Search the records below for the word "again" and show every line where it occurs.

:: Data section ::

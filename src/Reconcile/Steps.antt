-- ===== src/Reconcile/Steps.antt =====
-- The steps of `Reconcile` in an environment where nothing fails and nobody else writes.
use clavex_operator.Prelude.{
  ℕ, String, Bool, true, false, ◌∷◌, ◌≡◌, refl, sym, ap, ◌∙◌, if◌then◌else◌,
}
use clavex_operator.Conditions.{set_condition}
use clavex_operator.Api.{
  ok, fail, ConditionStatus, Message, wrapped, NamespacedName, Resource, is_deleting,
}
use clavex_operator.AuthSecret.{Credentials, resolve_auth_secret, target}
use clavex_operator.Reconcile.{
  Kind, condition, fetch, authenticate, connect_stream, build_client, ensure_finalizer,
  has_finalizer, with_finalizers,
}
use clavex_operator.Reconcile.Flow.{pure, leave, failed, ◌>>=◌}
use clavex_operator.Reconcile.Goes.{Goes, Goes-bind, succeeded-ok}
use clavex_operator.Reconcile.Calls.{
  Cluster, State, Session, read_resource, put_resource, put_status, succeeded, ask, tell, clock,
  get_resource, on_stream,
}
use clavex_operator.Reconcile.Environment.{sdk_writes, Stores, Environment, Stands}

module _ {W Spec Remote : Type 0} {c : Cluster W Spec} {kind : Kind W Spec} {IsSound : W → Type 0}
    {resource : W → Resource Spec} {remote : W → Remote} {key : NamespacedName}
    {credentials : Credentials} {session : Session}
    (env : Environment c kind IsSound resource remote key credentials session) where
  get_resource-Goes :
      (cr : Resource Spec) (x : Remote) (n : ℕ) (s : State W Spec)
      → Stands env cr x n s
      → Goes (get_resource c key) s (λ a t. (a ≡ ok cr) × Stands env cr x n t)
  unfolding get_resource ask sdk_writes
  get_resource-Goes cr x n s (i, r, m, l) =
      let (e, keeps) = env.gets s.world i in
      record {
        value = ok (resource s.world);
        after = record s {
          world = (c.get key s.world).1;
          log = (read_resource (resource s.world), (c.get key s.world).1) ∷ s.log;
        };
        runs = rw e refl;
        holds = (ap ok r, (keeps.0, keeps.1 ∙ r, keeps.2 ∙ m, l));
      }

  pub fetch-Goes :
      (cr : Resource Spec) (x : Remote) (n : ℕ) (s : State W Spec)
      → Stands env cr x n s
      → Goes (fetch c kind key) s (λ a t. (a ≡ cr) × Stands env cr x n t)
  unfolding fetch
  fetch-Goes cr x n s h =
      Goes-bind _ _ s (get_resource-Goes cr x n s h)
        λ a t (e, g). rw e (record { value = cr; after = t; runs = refl; holds = (refl, g) })

  pub authenticate-Goes :
      (cr : Resource Spec) (x : Remote) (n : ℕ) (s : State W Spec)
      → Stands env cr x n s
      → Goes (authenticate c kind cr) s (λ a t. (a ≡ credentials) × Stands env cr x n t)
  unfolding authenticate ask resolve_auth_secret
  authenticate-Goes cr x n s (i, r, m, l) =
      let keeps =
        env.reads_secret (target (kind.auth_secret_ref cr.spec) cr.meta.namespace) s.world i in
      record {
        value = credentials;
        after = record s {
          world =
              (resolve_auth_secret c.get_secret (kind.auth_secret_ref cr.spec) cr.meta.namespace
                s.world).1;
        };
        runs = rw (resolves cr s.world i r) refl;
        holds = (refl, (keeps.0, keeps.1 ∙ r, keeps.2 ∙ m, l));
      }
    where
      resolves :
          (cr : Resource Spec) (w : W)
          → IsSound w
          → resource w ≡ cr
          → (resolve_auth_secret c.get_secret (kind.auth_secret_ref cr.spec) cr.meta.namespace w).0
            ≡ ok credentials
      resolves cr w i r = rw (sym r) (env.resolves w i)

  pub connect_stream-Goes :
      (cr : Resource Spec) (x : Remote) (n : ℕ) (s : State W Spec)
      → Stands env cr x n s
      → Goes (connect_stream c kind cr credentials) s (λ a t. Stands env cr x n t)
  unfolding connect_stream on_stream
  connect_stream-Goes cr x n s h = record { value = tt; after = _; runs = refl; holds = h }

  pub build_client-Goes :
      (cr : Resource Spec) (x : Remote) (n : ℕ) (s : State W Spec)
      → Stands env cr x n s
      → Goes (build_client c kind credentials) s (λ a t. (a ≡ session) × Stands env cr x n t)
  unfolding build_client ask
  build_client-Goes cr x n s (i, r, m, l) =
      let (e, keeps) = env.builds s.world i in
      record {
        value = session;
        after = record s { world = (c.new_client credentials.api_key s.world).1 };
        runs = rw e refl;
        holds = (refl, (keeps.0, keeps.1 ∙ r, keeps.2 ∙ m, l));
      }

  pub clock-Goes :
      (cr : Resource Spec) (x : Remote) (n : ℕ) (s : State W Spec)
      → Stands env cr x n s
      → Goes (clock c) s (λ a t. Stands env cr x n t)
  unfolding clock ask
  clock-Goes cr x n s (i, r, m, l) =
      let keeps = env.tells_time s.world i in
      record {
        value = (c.now s.world).0;
        after = record s { world = (c.now s.world).1 };
        runs = refl;
        holds = (keeps.0, keeps.1 ∙ r, keeps.2 ∙ m, l);
      }

  -- The resource with or without its finalizer; its spec and the mark of its deletion are kept.
  abbrev pub IsSame : Resource Spec → Resource Spec → Type 0
  IsSame cr cr' = (cr'.spec ≡ cr.spec) × (is_deleting cr' ≡ is_deleting cr)

  add_finalizer-Goes :
      (cr : Resource Spec) (x : Remote) (n : ℕ) (s : State W Spec)
      → Stands env cr x n s
      → let cr' = with_finalizers c kind (c.add_finalizer kind.finalizer cr.meta.finalizers) cr in
        Goes
          (tell (put_resource cr') (c.update cr'))
          s
          (λ a t. ((stored : Resource Spec) × (a ≡ ok stored)) × Stands env cr' x n t)
  unfolding tell sdk_writes
  add_finalizer-Goes cr x n s (i, r, m, l) =
      let cr' = with_finalizers c kind (c.add_finalizer kind.finalizer cr.meta.finalizers) cr in
      let (took, (sound, stored, same)) = updates cr i r in
      record {
        value = (c.update cr' s.world).0;
        after = record s {
          world = (c.update cr' s.world).1;
          log = (put_resource cr' (succeeded (c.update cr' s.world).0), s.world) ∷ s.log;
        };
        runs = refl;
        holds = (succeeded-ok _ took, (sound, stored, same ∙ m, l));
      }
    where
      updates :
          (cr : Resource Spec)
          → IsSound s.world
          → resource s.world ≡ cr
          → let cr' =
              with_finalizers c kind (c.add_finalizer kind.finalizer cr.meta.finalizers) cr in
            (succeeded (c.update cr' s.world).0 ≡ true)
            × Stores c kind IsSound resource remote s.world (c.update cr' s.world).1 cr'
      updates cr i r = rw (sym r) (env.updates s.world _ i)

  pub ensure_finalizer-Goes :
      (cr : Resource Spec) (x : Remote) (n : ℕ) (s : State W Spec)
      → Stands env cr x n s
      → Goes (ensure_finalizer c kind key cr) s (λ a t. IsSame cr a × Stands env a x n t)
  unfolding ensure_finalizer
  ensure_finalizer-Goes cr x n s h = by_test (has_finalizer c kind cr)
    where
      cr' : Resource Spec
      cr' = with_finalizers c kind (c.add_finalizer kind.finalizer cr.meta.finalizers) cr

      by_test :
          (b : Bool)
          → Goes
              (if b then pure cr else do
                answer ← tell (put_resource cr') (c.update cr')
                elim answer [
                  | fail e ↦ leave (failed (wrapped "adding finalizer" e))
                  | ok stored ↦ do
                    again ← get_resource c key
                    elim again [
                      | ok fresh ↦ pure fresh
                      | fail e ↦ leave (failed (wrapped kind.refetch_error e))
                    ]
                ])
              s
              (λ a t. IsSame cr a × Stands env a x n t)
      by_test true = record { value = cr; after = s; runs = refl; holds = ((refl, refl), h) }
      by_test false = Goes-bind _ _ s (add_finalizer-Goes cr x n s h) λ a t ((stored, e), g). rw e (
          Goes-bind _ _ t (get_resource-Goes cr' x n t g) λ again u (e', g').
            rw e' (record { value = cr'; after = u; runs = refl; holds = ((refl, refl), g') }))

  pub condition-Goes :
      (type : String) (status : ConditionStatus) (reason : String) (message : Message)
      (cr cr' : Resource Spec) (x : Remote) (n : ℕ) (s : State W Spec)
      → Stands env cr x n s
      → Goes
          (condition c kind type status reason message cr')
          s
          (λ a t. ((a.meta ≡ cr'.meta) × (a.spec ≡ cr'.spec)) × Stands env cr x n t)
  unfolding condition set_condition
  condition-Goes type status reason message cr cr' x n s h =
      Goes-bind _ _ s (clock-Goes cr x n s h)
        λ now t g. record { value = _; after = t; runs = refl; holds = ((refl, refl), g) }

  pub put_status-Goes :
      (cr cr' : Resource Spec) (x : Remote) (n : ℕ) (s : State W Spec)
      → Stands env cr x n s
      → cr'.meta ≡ cr.meta
      → cr'.spec ≡ cr.spec
      → Goes
          (tell (put_status cr') (c.update_status cr'))
          s
          (λ a t. ((stored : Resource Spec) × (a ≡ ok stored)) × Stands env cr' x n t)
  unfolding tell sdk_writes
  put_status-Goes cr cr' x n s (i, r, m, l) e f =
      let (took, (sound, stored, same)) =
        env.updates_status s.world cr' i (e ∙ ap (λ a. a.meta) (sym r))
          (f ∙ ap (λ a. a.spec) (sym r)) in
      record {
        value = (c.update_status cr' s.world).0;
        after = record s {
          world = (c.update_status cr' s.world).1;
          log = (put_status cr' (succeeded (c.update_status cr' s.world).0), s.world) ∷ s.log;
        };
        runs = refl;
        holds = (succeeded-ok _ took, (sound, stored, same ∙ m, l));
      }
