-- ===== src/Models/Engagement.antt =====
-- `EngagementConfig.from_dict`, `from_file` and `canonical_url` of agentsec/models.py.
pub mod Laws
pub mod RoundTrip
use nighwatch.Common.{
  ℕ, String, ◌<>◌, Bool, true, false, ◌||◌, not, Option, none, some, List, [], ◌∷◌, Result, ok, err,
  ◌>>=◌, ◌>>◌, raise_if, is_some, ◌==◌, if◌then◌else◌,
}
use nighwatch.Python.Json.{
  Json, null, bool, int, float, str, arr, obj, Items, nil, item, Fields, end, field,
}
use nighwatch.Python.Runtime.{Runtime}
use nighwatch.Python.Str.{strip}
use nighwatch.Python.Url.{SplitResult, urlsplit, username, password, hostname, urlunsplit}
use nighwatch.Models.Config.{ScopeOrigin, EngagementConfig}
use nighwatch.Models.FromDict.{
  ModelError, config, uncaught, get, strict_bool, texts_or, text_or_empty, action_policy_from_dict,
  active_testing_from_dict,
}
use nighwatch.Models.Origin.{host_of, origin_from_dict, limits_from_dict, is_empty_list}
use nighwatch.Models.Scope.{or_empty, path_or_root}

abbrev pub or_null : {F : Type 0} → Option (Json F) → Json F
or_null none = null
or_null (some v) = v

-- `tuple(item.strip() for item in auth_raw if item.strip())`
unfoldable pub stripped : List String → List String
stripped [] = []
stripped (s ∷ ss) = let rest = stripped ss in if strip s == "" then rest else strip s ∷ rest

module _ (R : Runtime) where
  -- `tuple(ScopeOrigin.from_dict(item) for item in origins_raw)`
  unfoldable pub origins_from : Items R.Float → Result ModelError (List ScopeOrigin)
  origins_from nil = ok []
  origins_from (item v vs) = do o ← origin_from_dict R v; os ← origins_from vs; ok (o ∷ os)

  -- `tuple(normalize_host(item) for item in excluded_raw)`
  unfoldable pub hosts_from : List String → Result ModelError (List String)
  hosts_from [] = ok []
  hosts_from (s ∷ ss) = do h ← host_of R s; hs ← hosts_from ss; ok (h ∷ hs)

  -- The stripped `artifact_id`.
  unfoldable pub artifact_from : Option (Json R.Float) → Result ModelError String
  artifact_from (some (obj fs)) =
      let id = strip (text_or_empty R (get fs "artifact_id")) in
      if id == "" then err (config "authorization.artifact_id is required") else ok id
  artifact_from v = err (config "authorization.artifact_id is required")

  origin_items : Option (Json R.Float) → Result ModelError (Items R.Float)
  origin_items (some (arr (item v vs))) = ok (item v vs)
  origin_items v = err (config "allowed_origins is required and cannot be empty")

  network_fields : Option (Json R.Float) → Result ModelError (Fields R.Float)
  network_fields none = ok end
  network_fields (some (obj fs)) = ok fs
  network_fields (some v) = err (config "network must be an object")

  unfoldable pub config_from_fields : Fields R.Float → Result ModelError (EngagementConfig R)
  unfolding origin_items network_fields
  config_from_fields raw = do
    let engagement_id = strip (text_or_empty R (get raw "engagement_id"))
    raise_if (engagement_id == "") (config "engagement_id is required")
    artifact ← artifact_from (get raw "authorization")
    origins_raw ← origin_items (get raw "allowed_origins")
    excluded_raw ← texts_or "excluded_hosts must be a list of strings" [] (get raw "excluded_hosts")
    auth_raw ←
        texts_or "auth_profiles must be a list of profile identifiers" [] (get raw "auth_profiles")
    network ← network_fields (get raw "network")
    private ←
        strict_bool (get network "allow_private_addresses") "network.allow_private_addresses" false
    origins ← origins_from origins_raw
    excluded ← hosts_from excluded_raw
    limits ← limits_from_dict R (or_null (get raw "limits"))
    actions ← action_policy_from_dict R (or_null (get raw "actions"))
    active ← active_testing_from_dict R (or_null (get raw "active_testing"))
    ok (record {
      engagement_id = engagement_id;
      allowed_origins = origins;
      excluded_hosts = excluded;
      auth_profiles = stripped auth_raw;
      limits = limits;
      actions = actions;
      authorization_artifact_id = artifact;
      allow_private_addresses = private;
      active_testing = active;
    })

  -- `EngagementConfig.from_dict`
  unfoldable pub config_from_dict : Json R.Float → Result ModelError (EngagementConfig R)
  unfolding config_from_fields
  config_from_dict (obj raw) = config_from_fields raw
  config_from_dict v = err (config "configuration must be a JSON object")

  -- `EngagementConfig.from_file`, with the file's path and its text, or `none` where there is no file.
  unfoldable pub config_from_file : String → Option String → Result ModelError (EngagementConfig R)
  config_from_file path none = err (config ("configuration file not found: " <> path))
  config_from_file path (some text) = elim (R.json_loads text) [
    | none ↦ err (config ("configuration is not valid JSON: " <> R.json_error text))
    | some value ↦ config_from_dict value
  ]

  -- `canonical_url`
  unfoldable pub canonical_url : String → Result ModelError String
  canonical_url url = elim (urlsplit R url) [
    | err message ↦ err (uncaught message)
    | ok parsed ↦
        if is_some (username parsed) || is_some (password parsed)
        then err (config "URL userinfo is not allowed")
        else ok (
            urlunsplit (record {
              scheme = R.lower parsed.scheme;
              netloc = R.lower (or_empty (hostname R parsed));
              path = path_or_root parsed.path;
              query = parsed.query;
              fragment = "";
            }))
  ]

:::

» Written reply:
                    again ← get_resource c key
                    elim again [
          Goes-bind _ _ t (get_resource-Goes cr' x n t g) λ again u (e', g').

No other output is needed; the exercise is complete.